阳物再次在手心一颤,引得梁之栩不自觉发出一声嘤咛,她抬起头,眼尾微红,声音缠绵:“江亭,我为什么有点难受?”
作弄人的小猫咪最终是自食苦果。
“是奴不好。”江亭作为欢师,自然知道梁之栩是动情了,知道这与自己有关,他心中升起一股卑劣的喜悦。
“让奴来帮帮郡主吧。”他收起所有隐秘心思,一脸正色地说道,只是眼中还未褪去的情欲和身下挺翘的阳物出卖了他。

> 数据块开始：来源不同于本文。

-- ===== src/Chain.antt =====
-- `Blockchain` of blockchain.hpp and blockchain.cpp: its fields, and the operations on the chain, which are
-- not written yet in the source.
use dave_coin.Base.{List, Bool, true}
use dave_coin.Block.{Block}
use dave_coin.Crypto.{Crypto}
use dave_coin.Dict.{Dict}
use dave_coin.Tx.{Tx}

module _ ⦃c : Crypto⦄ where
  pub record Mempool : Type 0 where
    pub trans : List (Tx c.PublicKey)

  -- No code shares the blocks that the pointers name.
  pub record Blockchain : Type 0 where
    pub genesis : Block c.PublicKey
    pub blocks_by_hash : Dict (Block c.PublicKey)
    pub mempool : Mempool

  -- `AddBlock`, `AcceptBlock`, `IsValidBlock` and `IsValidChain`.
  unfoldable pub add_block : Block c.PublicKey → Blockchain → Blockchain
  add_block b chain = chain

  unfoldable pub accept_block : Block c.PublicKey → Blockchain → Blockchain
  accept_block b chain = chain

  unfoldable pub is_valid_block : Block c.PublicKey → Block c.PublicKey → Bool
  is_valid_block b prev_block = true

  unfoldable pub is_valid_chain : Blockchain → Bool
  is_valid_chain chain = true
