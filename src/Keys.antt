-- ===== src/Keys.antt =====
-- `GenerateKeys`, `SaveKey` and `LoadKey` of sig.hpp and sig.cpp. The files are a map from their names to
-- their bytes.
pub mod RoundTrip
use dave_coin.Base.{ℕ, Bool, true, false, not, ◌||◌, Option, none, some, if◌then◌else◌}
use dave_coin.Bytes.{Bytes, Outcome, ok, throws, ber_error, not_generated, not_valid, open_error}
use dave_coin.Crypto.{Crypto, KeyType, Dsa}
use dave_coin.Dict.{Dict, lookup, insert}

module _ ⦃c : Crypto⦄ where
  -- `GenerateKeys`: what the random pool yields to the generator and to the two tests.
  unfoldable pub generate_keys : Dsa → ℕ → ℕ → ℕ → Outcome (c.PublicKey × c.PrivateKey)
  generate_keys d rng rng1 rng2 =
      let private_key = d.generate rng in
      let public_key = c.public_of private_key in
      if not (d.private_type.validate rng1 private_key)
        || not (d.public_type.validate rng2 public_key)
      then throws not_generated
      else ok (public_key, private_key)

module _ {K : Type 0} (T : KeyType K) where
  -- `SaveKey<T>`: `can_write` tells whether the file sink can open a file of that name.
  unfoldable pub save_key : (Bytes → Bool) → Bytes → K → Dict Bytes → Outcome (Dict Bytes)
  save_key can_write filename key files =
      if can_write filename then ok (insert filename (T.write key) files) else throws open_error

  -- The test of `LoadKey<T>` on what `Load` returned.
  unfoldable pub validated : ℕ → Option K → Outcome K
  validated rng none = throws ber_error
  validated rng (some key) = if T.validate rng key then ok key else throws not_valid

  -- `LoadKey<T>`.
  unfoldable pub load_key : ℕ → Bytes → Dict Bytes → Outcome K
  unfolding validated
  load_key rng filename files = elim (lookup filename files) [
    | none ↦ throws open_error
    | some bytes ↦ validated rng (T.read bytes)
  ]
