-- ===== src/Checks.antt =====
-- jc.cpp: the checks that the main program runs before it starts the node. What the clocks, the random
-- pool and the uninitialised memory yield is an argument, and the answer is which message they print.
pub mod Pass
use dave_coin.Base.{ℕ, List, [], ◌∷◌, Bool, if◌then◌else◌}
use dave_coin.Bytes.{Bytes, Outcome, ok, throws, fault}
use dave_coin.Crypto.{Crypto, Dsa}
use dave_coin.Block
use dave_coin.Block.{Block, Garbage, new_block, decode_block}
use dave_coin.Keys.{load_key, generate_keys}
use dave_coin.Dict.{Dict, same_bytes}
use dave_coin.Tx
use dave_coin.Tx.{Tx, construct_and_sign, decode_and_verify}
use dave_coin.Tx.Input.{TxInput}
use dave_coin.Tx.Output.{TxOutput}

-- What follows a call that returns.
abbrev pub and_then {ℓ κ} : {A : Type ℓ} {B : Type κ} → (A → Outcome B) → Outcome A → Outcome B
and_then f (ok a) = f a
and_then f (throws e) = throws e
and_then f fault = fault

-- "0", "ABCDEFG" and "XYZZZZZ".
abbrev pub zero_text : Bytes
zero_text = 48 ∷ []

abbrev pub dummy_input : TxInput
dummy_input = record {
  block_hash = 65 ∷ 66 ∷ 67 ∷ 68 ∷ 69 ∷ 70 ∷ 71 ∷ [];
  input_hash = 88 ∷ 89 ∷ 90 ∷ 90 ∷ 90 ∷ 90 ∷ 90 ∷ [];
  index = 3;
}

-- "keys/public_key.key" and "keys/private_key.key".
abbrev pub public_file : Bytes
public_file =
    107 ∷ 101 ∷ 121 ∷ 115 ∷ 47 ∷ 112 ∷ 117 ∷ 98 ∷ 108 ∷ 105 ∷ 99 ∷ 95 ∷ 107 ∷ 101 ∷ 121 ∷ 46 ∷ 107
    ∷ 101 ∷ 121 ∷ []

abbrev pub private_file : Bytes
private_file =
    107 ∷ 101 ∷ 121 ∷ 115 ∷ 47 ∷ 112 ∷ 114 ∷ 105 ∷ 118 ∷ 97 ∷ 116 ∷ 101 ∷ 95 ∷ 107 ∷ 101 ∷ 121 ∷ 46
    ∷ 107 ∷ 101 ∷ 121 ∷ []

module _ ⦃c : Crypto⦄ where
  -- The block of `test_block`, from a constructor that runs at clock `now`.
  unfoldable pub dummy_block : Garbage → ℕ → c.PublicKey → Tx c.PublicKey → Block c.PublicKey
  unfolding new_block
  dummy_block g now miner tx = record (new_block g now) {
    tx = tx ∷ [];
    hash = zero_text;
    prev_hash = zero_text;
    coinbase = record { coins = 100; target = miner };
  }

  -- `test_block`: does it print that the block was encoded and decoded? `g'` and `now'` are for the block
  -- that the decoder constructs.
  unfoldable pub test_block :
      Garbage → ℕ → Garbage → ℕ → c.PublicKey → Tx c.PublicKey → Outcome Bool
  unfolding dummy_block
  test_block g now g' now' miner tx =
      let b0 = dummy_block g now miner tx in
      and_then (λ b1. ok (same_bytes (Block.serialize b0) (Block.serialize b1)))
        (decode_block g' now' (Block.serialize b0))

  abbrev pub dummy_output : c.PublicKey → TxOutput c.PublicKey
  dummy_output target = record { target = target; index = 3; coins = 100 }

  -- `t1.outputs[0].target == t0.outputs[0].target`
  unfoldable pub same_target :
      List (TxOutput c.PublicKey) → List (TxOutput c.PublicKey) → Outcome Bool
  same_target [] outputs = fault
  same_target (o ∷ os) [] = fault
  same_target (o ∷ os) (p ∷ ps) = ok (c.key_eq o.target p.target)

  -- `test_transactions` from its keys on: the keys, then the target's, then the clocks, random pool and
  -- memory of the calls. The answers of its own check and of `test_block`.
  unfoldable pub check_transactions :
      c.PublicKey
      → c.PrivateKey
      → c.PublicKey
      → ℕ
      → ℕ
      → Garbage
      → ℕ
      → Garbage
      → ℕ
      → Outcome (Bool × Bool)
  unfolding test_block same_target
  check_transactions public_key private_key target now rng g now0 g' now1 =
      and_then
        (λ t0.
          and_then
            (λ t1.
              and_then
                (λ success.
                  and_then (λ b. ok (success, b)) (test_block g now0 g' now1 public_key t0))
                (same_target t1.outputs t0.outputs))
            (decode_and_verify (Tx.serialize t0) t0.sig public_key))
        (construct_and_sign now rng (dummy_input ∷ []) (dummy_output target ∷ []) public_key
          private_key)

  -- What the random pool yields to the two loads, to the generator and to the signer, what the clock says,
  -- and what is in memory.
  pub record Chance : Type 0 where
    pub load_public : ℕ
    pub load_private : ℕ
    pub generate : ℕ
    pub check_private : ℕ
    pub check_public : ℕ
    pub sign : ℕ
    pub now : ℕ
    pub now0 : ℕ
    pub now1 : ℕ
    pub memory0 : Garbage
    pub memory1 : Garbage

  -- `test_transactions`, with the files that it finds.
  unfoldable pub test_transactions : Dsa → Chance → Dict Bytes → Outcome (Bool × Bool)
  unfolding check_transactions load_key generate_keys
  test_transactions d r files =
      and_then
        (λ public_key.
          and_then
            (λ private_key.
              and_then
                (λ target.
                  check_transactions public_key private_key target.0 r.now r.sign r.memory0 r.now0
                    r.memory1 r.now1)
                (generate_keys d r.generate r.check_private r.check_public))
            (load_key d.private_type r.load_private private_file files))
        (load_key d.public_type r.load_public public_file files)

“你要怎么帮我呢?”梁之煦抬起姣好的面容,灿若星辰的眸子带上一丝疑惑。
看着眼前人酡红似醉的面容,既纯洁又勾人,江亭不免心旌摇曳。
“交给奴吧。”江亭语音仍旧温润,显得沉静可靠。
天知道他为了克制自己用了多少心力。
江亭将上衣脱了个干净,露出少年人纤弱却不单薄的身躯。
月光之下,更显得少年如玉。
江亭将脱下的衣物垫在蒲团之上,而后似对待精美易碎的瓷器一般,将梁之栩轻轻置于其上。
确认她不会有什么不适后,他方着手解开她的衣裙。
身为郡主的英王世女,一应穿着用度,都是极好的。
梁之栩现下穿着的就是一件工艺繁复、用料上乘的洒线连裙。
“奴得罪了。”说着,江亭便用修长的手指灵巧解开交错的盘扣和系带。
不一会儿,梁之栩上身就只着一件松松垮垮的白春罗小衣。
月光下,郡主的雪白肌肤一览无余,胸前的一对小巧白鸽在小衣之下似振翅欲飞。
江亭看着这满室春光,心跳漏了一拍,尚未完全“偃旗息鼓”的阳物复有昂扬的趋势。
“你便是这样帮我的吗?可我为何更难受了……”梁之栩难耐地问道,眼眸似有水光闪烁。
“请郡主相信奴,马上就好了。”他嗓音喑哑,暗藏着克制不住的情欲。
江亭低下头,隔着小衣,万分温柔地含住了左边乳儿早已挺立的茱萸,轻轻舔舐。
梁之栩如过电一般,浑身一颤,不觉嘤咛出声。
她虽是武将之女,但从小娇生惯养,一身冰肌玉骨,小乳那处更是娇嫩万分。平时若是小衣稍稍粗糙,就会磨得生痛。
如今被江亭含在温暖湿润的口中,梁之栩很难说出自己的感受,她只觉得,腿心的空虚似乎更加强烈了。